» **Exercise prompt**
Within the entries below, count the lines that hold the string "Object" and give only that number.
*** Provided records ***
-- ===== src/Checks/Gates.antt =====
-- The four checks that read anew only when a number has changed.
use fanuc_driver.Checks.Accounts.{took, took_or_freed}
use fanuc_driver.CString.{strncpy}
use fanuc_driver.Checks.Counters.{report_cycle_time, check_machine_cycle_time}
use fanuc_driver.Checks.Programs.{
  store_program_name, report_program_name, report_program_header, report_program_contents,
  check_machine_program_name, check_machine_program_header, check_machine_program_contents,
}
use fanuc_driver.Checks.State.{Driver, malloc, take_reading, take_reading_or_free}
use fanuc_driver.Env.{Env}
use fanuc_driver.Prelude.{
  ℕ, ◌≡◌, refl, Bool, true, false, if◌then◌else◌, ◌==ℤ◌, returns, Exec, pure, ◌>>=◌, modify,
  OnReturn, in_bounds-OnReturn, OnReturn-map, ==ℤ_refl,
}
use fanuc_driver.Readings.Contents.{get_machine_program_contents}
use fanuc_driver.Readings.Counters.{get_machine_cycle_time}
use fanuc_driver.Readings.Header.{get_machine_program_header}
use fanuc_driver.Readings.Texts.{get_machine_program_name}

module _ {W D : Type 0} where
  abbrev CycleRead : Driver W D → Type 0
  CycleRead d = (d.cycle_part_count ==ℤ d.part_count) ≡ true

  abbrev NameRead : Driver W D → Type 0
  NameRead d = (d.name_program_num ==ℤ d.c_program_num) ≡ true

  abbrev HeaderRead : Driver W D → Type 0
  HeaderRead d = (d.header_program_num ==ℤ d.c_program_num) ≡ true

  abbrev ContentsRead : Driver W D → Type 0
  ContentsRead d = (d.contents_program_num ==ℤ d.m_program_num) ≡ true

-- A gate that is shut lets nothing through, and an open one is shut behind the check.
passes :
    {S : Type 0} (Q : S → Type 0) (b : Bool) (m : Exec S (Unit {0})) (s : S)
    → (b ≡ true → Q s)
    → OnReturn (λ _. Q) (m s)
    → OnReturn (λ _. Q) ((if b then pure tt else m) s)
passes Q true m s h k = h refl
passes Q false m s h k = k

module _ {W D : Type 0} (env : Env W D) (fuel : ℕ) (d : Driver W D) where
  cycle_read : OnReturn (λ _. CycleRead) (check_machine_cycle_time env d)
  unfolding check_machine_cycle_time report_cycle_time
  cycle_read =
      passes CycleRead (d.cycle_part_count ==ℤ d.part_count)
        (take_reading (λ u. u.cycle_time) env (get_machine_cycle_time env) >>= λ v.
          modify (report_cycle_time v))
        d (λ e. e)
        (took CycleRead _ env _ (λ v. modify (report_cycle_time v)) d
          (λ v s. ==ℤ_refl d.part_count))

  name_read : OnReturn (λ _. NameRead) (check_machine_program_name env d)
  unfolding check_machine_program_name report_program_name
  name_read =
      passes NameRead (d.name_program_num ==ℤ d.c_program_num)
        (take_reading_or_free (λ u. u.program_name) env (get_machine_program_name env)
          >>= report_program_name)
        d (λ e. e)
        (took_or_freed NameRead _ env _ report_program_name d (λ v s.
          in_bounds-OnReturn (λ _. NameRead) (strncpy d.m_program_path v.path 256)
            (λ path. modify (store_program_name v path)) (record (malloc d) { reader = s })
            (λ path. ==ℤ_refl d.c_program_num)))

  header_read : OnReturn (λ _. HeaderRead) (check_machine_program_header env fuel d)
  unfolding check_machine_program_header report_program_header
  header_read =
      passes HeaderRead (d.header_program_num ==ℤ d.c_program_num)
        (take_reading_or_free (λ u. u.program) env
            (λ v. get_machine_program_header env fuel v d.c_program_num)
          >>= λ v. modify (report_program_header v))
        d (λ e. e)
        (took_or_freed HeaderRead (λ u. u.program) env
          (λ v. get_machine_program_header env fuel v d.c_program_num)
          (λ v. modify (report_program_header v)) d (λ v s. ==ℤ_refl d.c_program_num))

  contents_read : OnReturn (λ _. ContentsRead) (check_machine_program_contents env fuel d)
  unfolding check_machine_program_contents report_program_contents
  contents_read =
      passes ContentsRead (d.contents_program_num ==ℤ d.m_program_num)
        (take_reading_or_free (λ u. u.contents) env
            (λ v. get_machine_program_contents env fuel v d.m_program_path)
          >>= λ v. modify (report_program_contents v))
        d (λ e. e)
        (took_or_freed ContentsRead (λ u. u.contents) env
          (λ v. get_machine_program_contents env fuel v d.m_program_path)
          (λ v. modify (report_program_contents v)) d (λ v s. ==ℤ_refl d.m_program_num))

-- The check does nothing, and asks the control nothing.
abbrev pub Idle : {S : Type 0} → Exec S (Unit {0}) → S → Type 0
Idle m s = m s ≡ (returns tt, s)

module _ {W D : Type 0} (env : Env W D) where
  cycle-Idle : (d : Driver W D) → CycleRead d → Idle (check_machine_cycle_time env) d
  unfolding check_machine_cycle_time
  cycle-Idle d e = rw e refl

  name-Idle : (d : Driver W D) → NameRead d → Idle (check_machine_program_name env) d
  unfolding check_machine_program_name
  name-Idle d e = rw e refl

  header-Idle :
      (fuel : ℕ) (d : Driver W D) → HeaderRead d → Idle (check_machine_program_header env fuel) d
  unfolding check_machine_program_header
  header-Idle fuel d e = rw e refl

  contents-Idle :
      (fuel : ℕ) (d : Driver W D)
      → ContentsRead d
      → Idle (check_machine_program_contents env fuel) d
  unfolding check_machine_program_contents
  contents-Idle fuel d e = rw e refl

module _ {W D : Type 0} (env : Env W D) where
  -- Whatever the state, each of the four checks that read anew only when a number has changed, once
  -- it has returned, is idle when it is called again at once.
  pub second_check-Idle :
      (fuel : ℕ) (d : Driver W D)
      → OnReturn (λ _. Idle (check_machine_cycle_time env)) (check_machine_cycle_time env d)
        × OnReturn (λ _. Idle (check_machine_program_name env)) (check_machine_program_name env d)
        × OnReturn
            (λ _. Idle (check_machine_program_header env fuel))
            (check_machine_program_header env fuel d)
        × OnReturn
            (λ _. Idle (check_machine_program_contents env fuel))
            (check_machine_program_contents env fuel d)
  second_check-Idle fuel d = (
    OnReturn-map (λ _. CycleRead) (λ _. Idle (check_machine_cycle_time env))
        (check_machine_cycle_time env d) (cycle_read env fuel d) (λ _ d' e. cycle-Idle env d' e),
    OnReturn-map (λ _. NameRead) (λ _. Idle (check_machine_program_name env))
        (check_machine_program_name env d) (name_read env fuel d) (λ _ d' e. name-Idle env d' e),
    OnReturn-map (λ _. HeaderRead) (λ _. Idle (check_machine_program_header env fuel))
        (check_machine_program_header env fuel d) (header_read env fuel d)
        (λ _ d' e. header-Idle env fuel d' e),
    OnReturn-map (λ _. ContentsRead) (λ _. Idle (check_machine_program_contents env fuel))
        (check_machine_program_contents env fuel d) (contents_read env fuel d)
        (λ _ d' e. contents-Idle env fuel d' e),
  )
*** End of Provided records ***
*** Provided records ***
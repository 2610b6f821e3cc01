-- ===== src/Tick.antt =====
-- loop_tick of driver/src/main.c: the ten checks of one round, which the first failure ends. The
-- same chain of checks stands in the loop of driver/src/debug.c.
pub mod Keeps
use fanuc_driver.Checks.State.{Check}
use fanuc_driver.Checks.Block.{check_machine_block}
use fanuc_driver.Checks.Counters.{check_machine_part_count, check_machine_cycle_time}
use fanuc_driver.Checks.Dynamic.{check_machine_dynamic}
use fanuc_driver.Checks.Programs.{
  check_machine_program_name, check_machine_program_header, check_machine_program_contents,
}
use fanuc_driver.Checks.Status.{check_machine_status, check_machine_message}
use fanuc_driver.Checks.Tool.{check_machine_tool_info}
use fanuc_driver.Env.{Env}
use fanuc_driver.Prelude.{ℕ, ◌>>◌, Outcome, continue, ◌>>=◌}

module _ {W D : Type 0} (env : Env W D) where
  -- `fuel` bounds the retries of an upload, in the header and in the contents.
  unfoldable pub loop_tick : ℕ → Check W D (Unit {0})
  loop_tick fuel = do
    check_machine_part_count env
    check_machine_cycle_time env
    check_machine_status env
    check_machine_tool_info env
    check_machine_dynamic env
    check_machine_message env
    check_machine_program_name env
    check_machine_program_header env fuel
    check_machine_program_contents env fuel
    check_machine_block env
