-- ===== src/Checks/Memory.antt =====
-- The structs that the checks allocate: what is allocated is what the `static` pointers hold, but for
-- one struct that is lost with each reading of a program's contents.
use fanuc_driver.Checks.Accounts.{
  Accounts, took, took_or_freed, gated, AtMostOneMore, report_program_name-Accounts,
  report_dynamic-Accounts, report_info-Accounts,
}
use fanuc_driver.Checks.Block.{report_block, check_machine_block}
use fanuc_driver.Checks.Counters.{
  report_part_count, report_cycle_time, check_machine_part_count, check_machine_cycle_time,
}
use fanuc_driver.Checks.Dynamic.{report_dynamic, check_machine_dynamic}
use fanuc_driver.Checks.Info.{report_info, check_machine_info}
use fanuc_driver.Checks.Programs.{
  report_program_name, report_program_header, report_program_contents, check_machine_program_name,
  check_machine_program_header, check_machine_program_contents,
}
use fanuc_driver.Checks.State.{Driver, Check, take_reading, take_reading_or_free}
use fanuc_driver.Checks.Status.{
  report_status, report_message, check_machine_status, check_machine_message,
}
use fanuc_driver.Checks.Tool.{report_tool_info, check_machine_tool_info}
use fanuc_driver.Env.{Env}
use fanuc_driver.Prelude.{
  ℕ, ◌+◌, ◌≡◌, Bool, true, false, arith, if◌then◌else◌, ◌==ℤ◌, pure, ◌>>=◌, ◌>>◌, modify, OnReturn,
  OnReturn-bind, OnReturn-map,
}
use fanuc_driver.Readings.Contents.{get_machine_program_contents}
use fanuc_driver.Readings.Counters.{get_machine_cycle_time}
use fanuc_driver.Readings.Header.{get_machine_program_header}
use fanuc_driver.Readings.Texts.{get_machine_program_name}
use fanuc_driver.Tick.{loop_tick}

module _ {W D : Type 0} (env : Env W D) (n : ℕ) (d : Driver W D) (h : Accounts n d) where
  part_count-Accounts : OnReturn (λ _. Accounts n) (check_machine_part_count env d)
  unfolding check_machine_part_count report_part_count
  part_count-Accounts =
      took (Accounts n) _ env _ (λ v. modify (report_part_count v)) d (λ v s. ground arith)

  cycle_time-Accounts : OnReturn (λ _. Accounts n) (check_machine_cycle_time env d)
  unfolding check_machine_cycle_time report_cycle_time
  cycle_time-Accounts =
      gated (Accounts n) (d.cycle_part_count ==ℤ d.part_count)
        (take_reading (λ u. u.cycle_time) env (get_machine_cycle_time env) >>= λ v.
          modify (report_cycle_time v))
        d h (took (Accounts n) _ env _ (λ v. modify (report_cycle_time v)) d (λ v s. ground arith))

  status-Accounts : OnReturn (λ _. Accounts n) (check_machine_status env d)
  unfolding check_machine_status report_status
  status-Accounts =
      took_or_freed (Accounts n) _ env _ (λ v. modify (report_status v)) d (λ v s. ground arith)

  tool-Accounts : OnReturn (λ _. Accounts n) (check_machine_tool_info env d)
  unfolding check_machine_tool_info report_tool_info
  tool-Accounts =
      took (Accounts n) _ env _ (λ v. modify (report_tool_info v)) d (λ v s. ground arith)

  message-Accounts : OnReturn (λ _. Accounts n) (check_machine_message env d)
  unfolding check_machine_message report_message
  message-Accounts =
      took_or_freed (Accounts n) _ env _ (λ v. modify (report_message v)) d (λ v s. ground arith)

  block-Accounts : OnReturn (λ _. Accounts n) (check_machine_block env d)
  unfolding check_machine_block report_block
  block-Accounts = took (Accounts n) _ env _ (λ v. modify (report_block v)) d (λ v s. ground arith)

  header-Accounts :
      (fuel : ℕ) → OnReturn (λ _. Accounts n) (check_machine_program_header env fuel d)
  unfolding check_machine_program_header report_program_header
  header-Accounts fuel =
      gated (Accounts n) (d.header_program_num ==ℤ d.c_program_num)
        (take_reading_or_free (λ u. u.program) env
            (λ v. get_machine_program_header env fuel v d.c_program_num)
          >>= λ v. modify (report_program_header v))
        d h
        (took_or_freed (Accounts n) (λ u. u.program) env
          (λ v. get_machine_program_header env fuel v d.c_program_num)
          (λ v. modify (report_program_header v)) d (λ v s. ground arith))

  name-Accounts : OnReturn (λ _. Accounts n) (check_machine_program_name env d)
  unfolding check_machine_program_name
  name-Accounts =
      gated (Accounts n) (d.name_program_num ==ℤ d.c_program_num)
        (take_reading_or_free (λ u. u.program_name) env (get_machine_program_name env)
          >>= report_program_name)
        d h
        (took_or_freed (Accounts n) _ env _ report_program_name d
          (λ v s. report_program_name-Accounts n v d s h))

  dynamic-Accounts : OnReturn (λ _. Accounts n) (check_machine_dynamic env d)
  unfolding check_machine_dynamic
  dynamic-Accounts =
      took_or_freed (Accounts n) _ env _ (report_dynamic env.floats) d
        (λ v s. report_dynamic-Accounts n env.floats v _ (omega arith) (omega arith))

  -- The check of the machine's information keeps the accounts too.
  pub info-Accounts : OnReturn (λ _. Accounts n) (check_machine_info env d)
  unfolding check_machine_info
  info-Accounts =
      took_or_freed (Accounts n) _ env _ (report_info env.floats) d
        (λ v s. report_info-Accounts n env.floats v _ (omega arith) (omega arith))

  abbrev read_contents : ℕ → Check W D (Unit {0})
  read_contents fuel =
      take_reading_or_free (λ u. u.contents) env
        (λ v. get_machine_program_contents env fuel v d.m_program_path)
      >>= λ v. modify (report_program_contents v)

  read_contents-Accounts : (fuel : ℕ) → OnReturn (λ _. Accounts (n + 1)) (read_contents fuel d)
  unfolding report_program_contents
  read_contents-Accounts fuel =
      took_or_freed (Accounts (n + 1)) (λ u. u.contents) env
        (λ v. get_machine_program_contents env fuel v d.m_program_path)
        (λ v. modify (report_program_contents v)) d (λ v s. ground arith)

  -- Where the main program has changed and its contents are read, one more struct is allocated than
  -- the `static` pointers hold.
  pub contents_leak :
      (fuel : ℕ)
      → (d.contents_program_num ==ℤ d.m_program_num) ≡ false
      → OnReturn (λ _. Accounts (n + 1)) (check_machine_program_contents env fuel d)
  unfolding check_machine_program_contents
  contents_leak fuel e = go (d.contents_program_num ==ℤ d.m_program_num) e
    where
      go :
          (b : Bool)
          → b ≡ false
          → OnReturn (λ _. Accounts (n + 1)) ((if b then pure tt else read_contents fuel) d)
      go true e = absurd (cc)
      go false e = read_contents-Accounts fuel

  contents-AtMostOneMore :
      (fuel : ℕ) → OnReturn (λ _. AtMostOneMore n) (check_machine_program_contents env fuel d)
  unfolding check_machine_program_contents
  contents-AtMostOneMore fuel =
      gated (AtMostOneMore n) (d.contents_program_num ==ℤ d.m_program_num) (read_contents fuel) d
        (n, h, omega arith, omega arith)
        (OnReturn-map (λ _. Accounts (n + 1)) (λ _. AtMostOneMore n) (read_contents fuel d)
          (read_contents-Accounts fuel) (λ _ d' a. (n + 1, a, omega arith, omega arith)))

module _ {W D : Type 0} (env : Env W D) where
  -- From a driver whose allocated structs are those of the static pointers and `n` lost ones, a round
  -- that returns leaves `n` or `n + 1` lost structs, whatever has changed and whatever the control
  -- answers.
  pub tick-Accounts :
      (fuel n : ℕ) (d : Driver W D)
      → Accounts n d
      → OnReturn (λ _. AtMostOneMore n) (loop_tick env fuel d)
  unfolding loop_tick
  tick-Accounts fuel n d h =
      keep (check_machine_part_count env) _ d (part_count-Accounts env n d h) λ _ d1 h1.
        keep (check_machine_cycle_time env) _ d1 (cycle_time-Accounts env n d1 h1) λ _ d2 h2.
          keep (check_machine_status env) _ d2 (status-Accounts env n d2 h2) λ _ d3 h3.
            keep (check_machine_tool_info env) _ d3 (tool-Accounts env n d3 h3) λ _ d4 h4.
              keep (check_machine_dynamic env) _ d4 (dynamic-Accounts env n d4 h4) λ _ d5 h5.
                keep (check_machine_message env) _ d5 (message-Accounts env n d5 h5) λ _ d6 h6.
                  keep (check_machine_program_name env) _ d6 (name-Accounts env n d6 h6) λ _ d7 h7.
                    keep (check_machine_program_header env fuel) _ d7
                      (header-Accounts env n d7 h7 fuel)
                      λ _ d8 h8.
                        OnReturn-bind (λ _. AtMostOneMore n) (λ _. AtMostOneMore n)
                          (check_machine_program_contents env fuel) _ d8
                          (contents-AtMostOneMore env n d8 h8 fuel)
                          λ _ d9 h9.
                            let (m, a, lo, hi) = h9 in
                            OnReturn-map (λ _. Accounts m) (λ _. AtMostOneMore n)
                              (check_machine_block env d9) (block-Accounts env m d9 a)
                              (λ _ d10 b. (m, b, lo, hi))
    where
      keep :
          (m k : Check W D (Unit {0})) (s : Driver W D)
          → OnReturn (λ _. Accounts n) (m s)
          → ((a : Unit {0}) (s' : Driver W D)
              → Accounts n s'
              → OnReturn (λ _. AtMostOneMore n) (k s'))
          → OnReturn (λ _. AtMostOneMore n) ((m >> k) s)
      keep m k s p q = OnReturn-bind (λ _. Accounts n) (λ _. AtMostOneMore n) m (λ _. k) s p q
*** End of Provided records ***
*** Provided records ***
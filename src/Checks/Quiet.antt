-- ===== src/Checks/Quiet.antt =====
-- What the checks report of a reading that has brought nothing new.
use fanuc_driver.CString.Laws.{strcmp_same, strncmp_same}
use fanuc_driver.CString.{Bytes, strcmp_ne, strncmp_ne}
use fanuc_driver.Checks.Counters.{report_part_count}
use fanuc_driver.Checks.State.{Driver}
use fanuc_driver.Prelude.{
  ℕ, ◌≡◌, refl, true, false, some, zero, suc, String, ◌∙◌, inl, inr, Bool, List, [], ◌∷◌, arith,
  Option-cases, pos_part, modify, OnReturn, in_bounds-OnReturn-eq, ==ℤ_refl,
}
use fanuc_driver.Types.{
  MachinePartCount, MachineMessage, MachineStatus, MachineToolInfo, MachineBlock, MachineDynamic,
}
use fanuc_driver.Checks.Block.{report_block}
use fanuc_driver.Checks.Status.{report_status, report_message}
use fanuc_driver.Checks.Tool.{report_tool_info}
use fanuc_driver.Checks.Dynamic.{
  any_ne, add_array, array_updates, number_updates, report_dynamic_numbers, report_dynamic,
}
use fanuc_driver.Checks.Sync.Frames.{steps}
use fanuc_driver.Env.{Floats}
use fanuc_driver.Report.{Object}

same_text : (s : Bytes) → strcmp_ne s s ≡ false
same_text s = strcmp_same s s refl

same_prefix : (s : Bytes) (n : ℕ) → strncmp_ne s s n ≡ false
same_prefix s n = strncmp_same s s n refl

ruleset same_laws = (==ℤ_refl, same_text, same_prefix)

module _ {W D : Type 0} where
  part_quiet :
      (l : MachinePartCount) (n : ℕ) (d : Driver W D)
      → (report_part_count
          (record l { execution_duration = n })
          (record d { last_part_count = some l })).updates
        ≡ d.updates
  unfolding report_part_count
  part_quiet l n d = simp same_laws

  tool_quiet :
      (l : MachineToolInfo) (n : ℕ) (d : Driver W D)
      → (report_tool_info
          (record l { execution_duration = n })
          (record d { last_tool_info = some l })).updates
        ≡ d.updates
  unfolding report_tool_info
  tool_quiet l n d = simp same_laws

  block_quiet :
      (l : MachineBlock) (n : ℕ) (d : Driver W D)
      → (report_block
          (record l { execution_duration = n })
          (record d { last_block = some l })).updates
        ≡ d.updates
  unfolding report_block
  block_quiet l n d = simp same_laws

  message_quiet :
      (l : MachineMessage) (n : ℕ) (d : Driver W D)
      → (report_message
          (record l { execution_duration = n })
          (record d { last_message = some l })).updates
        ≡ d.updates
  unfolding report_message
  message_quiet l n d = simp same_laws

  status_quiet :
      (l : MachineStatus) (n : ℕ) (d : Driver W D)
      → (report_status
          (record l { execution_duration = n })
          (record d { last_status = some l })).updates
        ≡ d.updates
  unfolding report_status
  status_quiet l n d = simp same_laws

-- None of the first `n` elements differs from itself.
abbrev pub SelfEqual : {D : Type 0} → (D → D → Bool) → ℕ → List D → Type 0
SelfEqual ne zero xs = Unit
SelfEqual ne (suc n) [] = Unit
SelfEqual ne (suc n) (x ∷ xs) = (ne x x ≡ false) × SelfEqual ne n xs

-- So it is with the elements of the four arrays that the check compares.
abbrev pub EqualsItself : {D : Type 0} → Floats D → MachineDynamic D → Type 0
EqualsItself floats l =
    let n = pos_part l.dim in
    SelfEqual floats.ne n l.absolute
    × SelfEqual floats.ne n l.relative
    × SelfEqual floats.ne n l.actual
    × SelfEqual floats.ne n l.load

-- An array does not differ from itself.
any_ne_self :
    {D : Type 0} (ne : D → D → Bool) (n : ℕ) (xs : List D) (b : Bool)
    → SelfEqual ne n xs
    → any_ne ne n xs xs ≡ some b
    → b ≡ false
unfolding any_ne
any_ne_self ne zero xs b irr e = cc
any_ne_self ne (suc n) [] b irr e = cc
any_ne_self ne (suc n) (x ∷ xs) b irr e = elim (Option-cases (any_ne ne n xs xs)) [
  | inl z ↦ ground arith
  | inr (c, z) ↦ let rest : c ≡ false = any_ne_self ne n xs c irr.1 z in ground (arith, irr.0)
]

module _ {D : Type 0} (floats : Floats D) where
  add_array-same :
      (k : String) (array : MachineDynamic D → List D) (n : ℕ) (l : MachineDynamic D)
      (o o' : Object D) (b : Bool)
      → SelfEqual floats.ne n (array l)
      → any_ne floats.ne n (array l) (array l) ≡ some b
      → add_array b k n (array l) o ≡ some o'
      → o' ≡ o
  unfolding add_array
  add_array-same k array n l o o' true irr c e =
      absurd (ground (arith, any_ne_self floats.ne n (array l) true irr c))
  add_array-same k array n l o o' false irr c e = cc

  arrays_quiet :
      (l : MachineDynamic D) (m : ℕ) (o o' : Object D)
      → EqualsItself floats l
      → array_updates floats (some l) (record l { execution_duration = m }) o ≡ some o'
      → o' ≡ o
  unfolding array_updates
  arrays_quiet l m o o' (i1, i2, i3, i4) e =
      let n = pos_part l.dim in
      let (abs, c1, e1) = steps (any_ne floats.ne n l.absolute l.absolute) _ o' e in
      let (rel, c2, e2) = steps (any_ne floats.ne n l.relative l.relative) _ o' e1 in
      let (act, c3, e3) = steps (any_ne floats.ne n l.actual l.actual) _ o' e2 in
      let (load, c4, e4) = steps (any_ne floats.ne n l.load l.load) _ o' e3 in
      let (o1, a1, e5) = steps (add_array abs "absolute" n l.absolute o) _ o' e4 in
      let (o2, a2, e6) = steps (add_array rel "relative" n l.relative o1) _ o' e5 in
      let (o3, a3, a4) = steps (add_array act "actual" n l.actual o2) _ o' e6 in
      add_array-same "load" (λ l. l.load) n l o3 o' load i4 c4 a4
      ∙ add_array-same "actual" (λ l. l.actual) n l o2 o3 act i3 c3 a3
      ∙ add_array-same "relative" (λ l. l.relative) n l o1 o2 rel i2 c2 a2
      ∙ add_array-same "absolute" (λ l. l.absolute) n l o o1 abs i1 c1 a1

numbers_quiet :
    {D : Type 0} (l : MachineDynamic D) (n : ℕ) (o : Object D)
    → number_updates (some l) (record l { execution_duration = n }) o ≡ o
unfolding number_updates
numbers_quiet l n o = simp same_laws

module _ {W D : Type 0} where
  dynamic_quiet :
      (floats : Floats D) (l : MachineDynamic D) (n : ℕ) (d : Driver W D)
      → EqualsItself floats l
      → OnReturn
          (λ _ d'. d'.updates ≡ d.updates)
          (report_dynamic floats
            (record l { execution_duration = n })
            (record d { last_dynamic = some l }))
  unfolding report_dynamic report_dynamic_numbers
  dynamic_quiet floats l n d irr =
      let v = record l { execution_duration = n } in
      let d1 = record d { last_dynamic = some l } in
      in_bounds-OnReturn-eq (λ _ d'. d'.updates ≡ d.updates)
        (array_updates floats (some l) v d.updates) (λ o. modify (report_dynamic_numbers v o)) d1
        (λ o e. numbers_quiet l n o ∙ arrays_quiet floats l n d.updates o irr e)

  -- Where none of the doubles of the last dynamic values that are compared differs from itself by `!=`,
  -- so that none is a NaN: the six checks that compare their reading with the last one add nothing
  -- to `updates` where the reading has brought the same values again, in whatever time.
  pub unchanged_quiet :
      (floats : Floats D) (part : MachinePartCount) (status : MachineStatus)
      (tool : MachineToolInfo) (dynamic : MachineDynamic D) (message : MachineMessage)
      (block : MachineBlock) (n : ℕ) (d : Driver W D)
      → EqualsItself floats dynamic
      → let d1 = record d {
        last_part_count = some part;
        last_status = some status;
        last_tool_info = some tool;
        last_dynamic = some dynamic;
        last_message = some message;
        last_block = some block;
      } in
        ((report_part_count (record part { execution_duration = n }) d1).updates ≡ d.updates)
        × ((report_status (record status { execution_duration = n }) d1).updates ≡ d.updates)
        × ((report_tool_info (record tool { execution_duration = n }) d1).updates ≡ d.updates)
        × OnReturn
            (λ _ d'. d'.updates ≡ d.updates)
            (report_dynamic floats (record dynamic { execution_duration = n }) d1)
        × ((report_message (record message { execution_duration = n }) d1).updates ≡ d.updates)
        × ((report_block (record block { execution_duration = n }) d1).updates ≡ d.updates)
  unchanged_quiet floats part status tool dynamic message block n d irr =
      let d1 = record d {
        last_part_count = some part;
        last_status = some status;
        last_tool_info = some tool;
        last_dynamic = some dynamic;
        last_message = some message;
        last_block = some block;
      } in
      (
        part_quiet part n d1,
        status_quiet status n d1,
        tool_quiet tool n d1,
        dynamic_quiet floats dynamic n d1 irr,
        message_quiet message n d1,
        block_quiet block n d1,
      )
*** End of Provided records ***
» **Exercise result**
4